When something goes wrong — a breach, a data leak, an unauthorized action — the first question is always "what happened?" An audit log is the record that lets you answer that question.
An audit log is different from an application log. An application log is for debugging and operations. An audit log is a legal and security record of who did what and when.
What makes a good audit log entry:
{
"timestamp": "2024-01-15T14:32:07.123Z", // precise, immutable
"event_type": "payment.refund.issued", // what happened
"actor": {
"type": "user",
"id": "usr_7x8k2m", // who did it
"ip": "203.0.113.42", // from where
"session_id": "ses_9p3n4r" // which session
},
"resource": {
"type": "payment",
"id": "pay_2m9k4x",
"amount": 4999 // what was affected
},
"outcome": "success", // did it work
"request_id": "req_4k2m8p" // for correlation
}Audit logs have specific requirements that differ from regular logs:
They must be tamper-evident. If an attacker can modify the audit log after a breach, the log is worthless. Audit logs should be written to an append-only store that the compromised service cannot modify — a separate logging system, a write-only bucket, or a dedicated audit database.

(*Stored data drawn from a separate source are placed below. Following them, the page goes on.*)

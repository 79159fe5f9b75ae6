-- ===== src/Api/ReadOnly.antt =====
-- What a role that may only read can do.
use bonerepo.Prelude.{ℕ, ◌≡◌, refl, true, false, Bool-cases, ok, err, Result, ◌⊎◌, inl, inr}
use bonerepo.Prelude.Texts.{codes}
use bonerepo.Tokens.{AccessClaims}
use bonerepo.Permissions.{holds}
use bonerepo.Permissions.Closed.{IsRead, holds_iff}
use bonerepo.Store.{Db, World, Failure, settle, session_for_org}
use bonerepo.Store.Keeps.{Keeps, keeps_rules}
use bonerepo.Store.Rows.{PerformanceTest, GeneratorPool}
use bonerepo.Repositories.Projects as projects_repo
use bonerepo.Repositories.Pools as pools_repo
use bonerepo.Repositories.PerformanceTests as tests_repo
use bonerepo.Repositories.TargetPolicies as policies_repo
use bonerepo.Services.Projects
use bonerepo.Services.Pools
use bonerepo.Services.PerformanceTests as tests
use bonerepo.Services.TargetPolicies
use bonerepo.Api.{
  Request, create_project, get_project, update_project, delete_project, create_pool, get_pool,
  update_pool, delete_pool, create_test, get_test, update_test, delete_test, get_target_policy,
  replace_target_policy, test_response, pool_response, endpoint, permission_of, handle,
}

module _ (d : Db) where
  abbrev Same : World → Type 0
  Same w = w.db ≡ d

  project_read-Keeps : (id : ℕ) → Keeps Same (Projects.require id)
  unfolding Projects.require projects_repo.get
  project_read-Keeps id = search (keeps_rules, got)
    where
      got : Keeps Same (projects_repo.get id)
      got = record { at = λ w h. h }

  pool_read-Keeps : (id : ℕ) → Keeps Same (Pools.require id)
  unfolding Pools.require pools_repo.get
  pool_read-Keeps id = search (keeps_rules, got)
    where
      got : Keeps Same (pools_repo.get id)
      got = record { at = λ w h. h }

  test_read-Keeps : (id : ℕ) → Keeps Same (tests_repo.get id)
  unfolding tests_repo.get
  test_read-Keeps id = record { at = λ w h. h }

  plans_read-Keeps : (id : ℕ) → Keeps Same (tests_repo.plans_for id)
  unfolding tests_repo.plans_for
  plans_read-Keeps id = record { at = λ w h. h }

  rules_read-Keeps : (id : ℕ) → Keeps Same (tests_repo.sla_rules_for id)
  unfolding tests_repo.sla_rules_for
  rules_read-Keeps id = record { at = λ w h. h }

  document-Keeps : (r : PerformanceTest) → Keeps Same (tests.document r)
  unfolding tests.document
  document-Keeps r = search (keeps_rules, plans_read-Keeps, rules_read-Keeps)

  require-Keeps : (id : ℕ) → Keeps Same (tests.require id)
  unfolding tests.require
  require-Keeps id = search (keeps_rules, test_read-Keeps, document-Keeps)

  policy_read-Keeps : Keeps Same TargetPolicies.current_policy
  unfolding TargetPolicies.current_policy policies_repo.current
  policy_read-Keeps = record { at = λ w h. h }

  response-Keeps : (t : tests.TestDocument) → Keeps Same (test_response t)
  unfolding test_response
  response-Keeps t = search keeps_rules

  pool_response-Keeps : (row : GeneratorPool) → Keeps Same (pool_response row)
  unfolding pool_response
  pool_response-Keeps row = search keeps_rules

  read-Keeps :
      (p : AccessClaims) (r : Request) → IsRead (permission_of r) → Keeps Same (endpoint p r)
  unfolding endpoint permission_of
  read-Keeps p (create_project body) k = elim k [ ]
  read-Keeps p (get_project id) k = search (keeps_rules, project_read-Keeps)
  read-Keeps p (update_project id body) k = elim k [ ]
  read-Keeps p (delete_project id) k = elim k [ ]
  read-Keeps p (create_pool body) k = elim k [ ]
  read-Keeps p (get_pool id) k = search (keeps_rules, pool_read-Keeps, pool_response-Keeps)
  read-Keeps p (update_pool id body) k = elim k [ ]
  read-Keeps p (delete_pool id) k = elim k [ ]
  read-Keeps p (create_test project_id body) k = elim k [ ]
  read-Keeps p (get_test id) k = search (keeps_rules, require-Keeps, response-Keeps)
  read-Keeps p (update_test id body) k = elim k [ ]
  read-Keeps p (delete_test id) k = elim k [ ]
  read-Keeps p get_target_policy k = search (keeps_rules, policy_read-Keeps)
  read-Keeps p (replace_target_policy allowlist) k = elim k [ ]

settle-Same :
    {A : Type 0} (w : World) (r : Result Failure A × World)
    → r.1.db ≡ w.db
    → (settle w r).1.db ≡ w.db
unfolding settle
settle-Same w (ok a, w') h = h
settle-Same w (err e, w') h = refl

-- A principal whose role is not ORG_ADMIN changes no row of any table, whatever it requests: the
-- writes are refused by the guard, and the reads only read.
pub handle-read_only :
    (p : AccessClaims) (r : Request) (w : World)
    → ¬ (p.role ≡ codes "ORG_ADMIN")
    → (handle p r w).1.db ≡ w.db
unfolding handle session_for_org
handle-read_only p r w other = guarded (Bool-cases (holds p.role (permission_of r)))
  where
    reads : holds p.role (permission_of r) ≡ true → IsRead (permission_of r)
    reads h = elim ((holds_iff p.role (permission_of r)).0 h) [
      | inl e ↦ elim (other e) [ ]
      | inr e ↦ e.1
    ]

    guarded :
        (holds p.role (permission_of r) ≡ true) ⊎ (holds p.role (permission_of r) ≡ false)
        → (handle p r w).1.db ≡ w.db
    guarded (inl h) = rw h (settle-Same w _ ((read-Keeps w.db p r (reads h)).at _ refl))
    guarded (inr h) = rw h refl
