-- ===== src/Api/Reads.antt =====
-- What is read after a write.
pub mod Unmoved
pub mod Updated
pub mod Answers
pub mod Policy
pub mod History
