-- ===== src/Store/Results.antt =====
-- What an action did, from what it returned.
use mathlib.Core.Path.{subst}
use bonerepo.Prelude.{◌≡◌, refl, Option, none, some, Result, ok, err}
use bonerepo.Store.{
  World, Failure, Exec, ◌>>=◌, continue, or_raise, on_integrity, recast, integrity,
}
use bonerepo.Store.Keeps.{Keeps}

-- The first action of a sequence that returned has returned.
pub record Ran {A B : Type 0} (m : Exec A) (f : A → Exec B) (w : World) (b : B) (w' : World)
    : Type 0 where
  pub value : A
  pub world : World
  pub started : m w ≡ (ok value, world)
  pub continued : f value world ≡ (ok b, w')

continue-Ran :
    {A B : Type 0} (m : Exec A) (f : A → Exec B) (w : World) (b : B) (w' : World)
    (r : Result Failure A × World)
    → m w ≡ r
    → continue r f ≡ (ok b, w')
    → Ran m f w b w'
continue-Ran m f w b w' (ok a, v) e h = record { value = a; world = v; started = e; continued = h }
continue-Ran m f w b w' (err x, v) e h = cc

pub bind-Ran :
    {A B : Type 0} (m : Exec A) (f : A → Exec B) (w : World) (b : B) (w' : World)
    → (m >>= f) w ≡ (ok b, w')
    → Ran m f w b w'
unfolding ◌>>=◌
bind-Ran m f w b w' h = continue-Ran m f w b w' (m w) refl h

pub kept_after :
    {A : Type 0} {P : World → Type 0} {m : Exec A} {w : World} {r : Result Failure A} {w' : World}
    → Keeps P m
    → m w ≡ (r, w')
    → P w
    → P w'
kept_after {P = P} k e h = subst (λ x. P x.1) e (k.at _ h)

pub or_raise-ok :
    {A : Type 0} (e : Failure) (found : Option A) (w : World) (a : A) (w' : World)
    → or_raise e found w ≡ (ok a, w')
    → (found ≡ some a) × (w ≡ w')
unfolding or_raise
or_raise-ok e none w a w' h = cc
or_raise-ok e (some b) w a w' h = (cc, cc)

recast-ok :
    {A : Type 0} (e : Failure) (r : Result Failure A × World) (a : A) (w : World)
    → recast e r ≡ (ok a, w)
    → r ≡ (ok a, w)
unfolding recast
recast-ok e (ok b, v) a w h = h
recast-ok e (err integrity, v) a w h = cc
recast-ok e (err _, v) a w h = h

pub on_integrity-ok :
    {A : Type 0} (e : Failure) (m : Exec A) (w : World) (a : A) (w' : World)
    → on_integrity e m w ≡ (ok a, w')
    → m w ≡ (ok a, w')
unfolding on_integrity
on_integrity-ok e m w a w' h = recast-ok e (m w) a w' h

They must be retained for the right duration. Regulatory requirements vary, but security investigations often need to look back months. A 7-day log retention is fine for application debugging. For audit logs, the minimum is typically 90 days, and often 1-2 years.
They must be queryable. A massive log file that nobody can search is not useful during an incident. Audit logs should be stored in a system where you can answer "show me all actions taken by user X between these two timestamps" quickly.
Security is not a layer you add on top of a system — it is a property of how the system was designed. A system that was not designed with security as a constraint is not a secure system with security gaps; it is a fundamentally different system.
Treating the network perimeter as the only trust boundary, and then trusting all internal traffic unconditionally. Once an attacker is inside the network — via a compromised container, a misconfigured service, or a supply chain attack — they can call every internal service without restriction. The perimeter is not a wall; it is one layer of many.